### TASK INPUT
────────────────────────────────────────

-- ===== src/Azure/ResourceGraph/Retries.antt =====
-- A query is answered, or given up for a reason, after a bounded number of calls.
use azure_lustre_vmss_metric.Prelude.{ℕ, ◌+◌, ◌≤◌, ◌≡◌, false}
use azure_lustre_vmss_metric.Prelude.Number.{Floats}
use azure_lustre_vmss_metric.Prelude.Result.{Result}
use azure_lustre_vmss_metric.Azure.ResourceGraph.{
  Client, Failure, Reply, replied, failed, is_retryable_exception,
}

-- How a query ends after `calls` calls of at most `limit`: with an answer, with an exception that
-- is not worth a retry, or with the exception of the last call.
pub data IsEnding {R : Type 0} (limit calls : ℕ) : Reply R → Type 0 where
  answers : (response : R) → calls ≤ limit → IsEnding limit calls (replied response)
  gives_up :
      (exc : Failure)
      → is_retryable_exception exc ≡ false
      → calls ≤ limit
      → IsEnding limit calls (failed exc)
  exhausts : (exc : Failure) → calls ≡ limit → IsEnding limit calls (failed exc)

-- `calls` counts the calls of the client: a query is one, a pause is none.
pub record Counts {W Q R F : Type 0} (client : Client W Q R F) (calls : W → ℕ) : Type 0 where
  pub counted : (q : Q) (w : W) → calls (client.resources q w).1 ≡ calls w + 1
  pub drawn : (a b : F) (w : W) → calls (client.uniform a b w).1 ≡ calls w
  pub slept : (t : F) (w : W) → calls (client.sleep t w) ≡ calls w

module _ {W Q R F : Type 0} (floats : Floats F) (client : Client W Q R F) (base_delay : F)
    {calls : W → ℕ} (counts : Counts client calls) where
  -- What is left of a query: `limit` calls at most.
  abbrev Ends : ℕ → ℕ → Reply R × W → Type 0
  Ends limit start (reply, w) = (n : ℕ) × (calls w ≡ start + n) × IsEnding limit n reply
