-- ===== src/Azure/ResourceGraph/Examples.antt =====
-- A client that is throttled twice.
use azure_lustre_vmss_metric.Prelude.{
  concat, String, List, [], ◌∷◌, ◌++◌, Option, arith, string_eq, ℕ, ◌+◌, ◌≡◌, refl, ltb, false,
  none, some, if◌then◌else◌,
}
use azure_lustre_vmss_metric.Prelude.Fixtures.{floats}
use azure_lustre_vmss_metric.Prelude.Result.{ok, err}
use azure_lustre_vmss_metric.Azure.ResourceGraph.{Client, Failure, replied, execute_with_retry}
use azure_lustre_vmss_metric.Models.Vm.{StandaloneVm}
use azure_lustre_vmss_metric.Azure.Fixtures.{py}
use azure_lustre_vmss_metric.Azure.Value.{
  Value, absent, text, sequence, nil, cons, mapping, object, end, entry, truthy, getattr,
}
use azure_lustre_vmss_metric.Azure.ResourceGraph.Rows.{normalize_rows, normalize_standalone_vm_row}
use azure_lustre_vmss_metric.Azure.ResourceGraph.Paging.{
  QueryRequest, IsPaged, last, more, page_data, run_pages, run_pages_complete, run_pages_sound,
}
use azure_lustre_vmss_metric.Azure.ResourceGraph.Collectors.{
  Settings, fetch, collect_standalone_vms, collect_standalone_vms_complete,
}

abbrev throttled : Failure
throttled = record { is_auth_error = false; response_status = some 429; own_status = none }

-- The state is the number of calls.
abbrev client : Client ℕ ℕ ℕ ℕ
client = record {
  resources =
      λ request calls. (if ltb calls 2 then err throttled else ok (request + calls), calls + 1);
  uniform = λ a b calls. (a, calls);
  sleep = λ t calls. calls;
}

answered : execute_with_retry floats client 1 4 3 40 0 ≡ (replied 42, 3)
unfolding execute_with_retry
answered = refl

-- Two pages of virtual machines: the first response has a skip token.
abbrev vm_row : String → String → Value ℕ
vm_row name state = mapping (
    entry "subscriptionId" (text "s") (
      entry "resourceGroup" (text "g")
        (entry "vmName" (text name) (entry "powerState" (text state) end))))

abbrev first_page : Value ℕ
first_page = object (
    entry "data" (sequence (cons (vm_row "a" "vm running") nil))
      (entry "skip_token" (text "next") end))

abbrev second_page : Value ℕ
second_page = object (entry "data" (sequence (cons (vm_row "b" "vm deallocating") nil)) end)

abbrev page_for : Option (Value ℕ) → Value ℕ
page_for none = first_page
page_for (some token) = second_page

abbrev paged_client : Client ℕ (QueryRequest ℕ) (Value ℕ) ℕ
paged_client = record {
  resources = λ request calls. (ok (page_for request.skip_token), calls + 1);
  uniform = λ a b calls. (a, calls);
  sleep = λ t calls. calls;
}

abbrev settings : Settings ℕ
settings = record {
  subscription_ids = "s" ∷ [];
  query = "Resources";
  page_size = 1000;
  max_retries = 3;
  retry_base_delay_seconds = 1;
}

abbrev vm : String → String → StandaloneVm
vm name state = record {
  subscription_id = "s";
  resource_group = "g";
  vm_name = name;
  vm_id = "unknown";
  location = "unknown";
  zone = "";
  vm_size = "unknown";
  os_type = "unknown";
  power_state = state;
}

abbrev rows : List (Value ℕ)
rows = vm_row "a" "vm running" ∷ vm_row "b" "vm deallocating" ∷ []

two_pages :
    IsPaged floats
      (fetch floats paged_client settings)
      absent
      0
      ((vm_row "a" "vm running" ∷ []) ∷ (vm_row "b" "vm deallocating" ∷ []) ∷ [])
      2
unfolding fetch execute_with_retry page_data truthy getattr
two_pages =
    more first_page (vm_row "a" "vm running" ∷ []) 1 refl refl refl
      (last second_page (vm_row "b" "vm deallocating" ∷ []) 2 refl refl refl)

run_pages_complete_example :
    run_pages floats (fetch floats paged_client settings) 2 absent [] 0 ≡ (replied rows, 2)
run_pages_complete_example =
    run_pages_complete floats (fetch floats paged_client settings) 2 [] (omega arith) two_pages

run_pages_sound_example :
    (pages : List (List (Value ℕ))) × IsPaged floats
      (fetch floats paged_client settings)
      absent
      0
      pages
      2
    × (rows ≡ [] ++ concat pages)
run_pages_sound_example =
    run_pages_sound floats (fetch floats paged_client settings) 2 absent [] 0 rows 2
      run_pages_complete_example

collect_standalone_vms_complete_example :
    collect_standalone_vms floats py paged_client settings 2 0
    ≡ (replied (vm "a" "running" ∷ vm "b" "stopping" ∷ []), 2)
unfolding normalize_rows normalize_standalone_vm_row
collect_standalone_vms_complete_example =
    collect_standalone_vms_complete floats py paged_client settings 2 0 2
      ((vm_row "a" "vm running" ∷ []) ∷ (vm_row "b" "vm deallocating" ∷ []) ∷ [])
      (vm "a" "running" ∷ vm "b" "stopping" ∷ []) (omega arith) two_pages refl
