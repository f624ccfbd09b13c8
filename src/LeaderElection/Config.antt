-- ===== src/LeaderElection/Config.antt =====
-- `LeaderElectionConfig` and `_api_request_timeout` of leader_election.py.
--
-- The three numbers are Python ints; a negative one fails the same test of `__post_init__` as 0
-- does, so ℕ is enough. `retry_period_seconds * 1.2` is compared in tenths: for the products that
-- are whole numbers the float product is exact, and an int cannot lie between another product and
-- its rounding.
use azure_lustre_vmss_metric.Prelude.{
  ℕ, ◌*◌, max, String, ◌||◌, ◌==◌, string_eq, leb, ltb, if◌then◌else◌,
}
use azure_lustre_vmss_metric.Prelude.Result.{Result, ok, err}

pub record LeaderElectionConfig : Type 0 where
  pub lock_name : String
  pub lock_namespace : String
  pub identity : String
  pub lease_duration_seconds : ℕ
  pub renew_deadline_seconds : ℕ
  pub retry_period_seconds : ℕ

-- The `ValueError`s of `__post_init__`, in its order.
pub data ConfigError : Type 0 where
  lease_duration_too_short renew_not_below_lease retry_too_short renew_not_above_retry
        name_missing :
      ConfigError

unfoldable pub post_init : LeaderElectionConfig → Result ConfigError LeaderElectionConfig
post_init c =
    if ltb c.lease_duration_seconds 5
    then err lease_duration_too_short
    else if leb c.lease_duration_seconds c.renew_deadline_seconds
    then err renew_not_below_lease
    else if ltb c.retry_period_seconds 1
    then err retry_too_short
    else if leb (c.renew_deadline_seconds * 10) (c.retry_period_seconds * 12)
    then err renew_not_above_retry
    else if c.lock_name == "" || c.lock_namespace == "" || c.identity == ""
    then err name_missing
    else ok c

-- The connect and the read timeout of one API call, in half seconds.
unfoldable pub api_request_timeout : ℕ → ℕ × ℕ
api_request_timeout renew_deadline_seconds =
    let timeout = max 2 renew_deadline_seconds in (timeout, timeout)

────────────────────────────────────────

### INSTRUCTIONS TO FOLLOW
In how many lines of the records does the word "that" appear? Answer with the number only.

### SOLUTION
3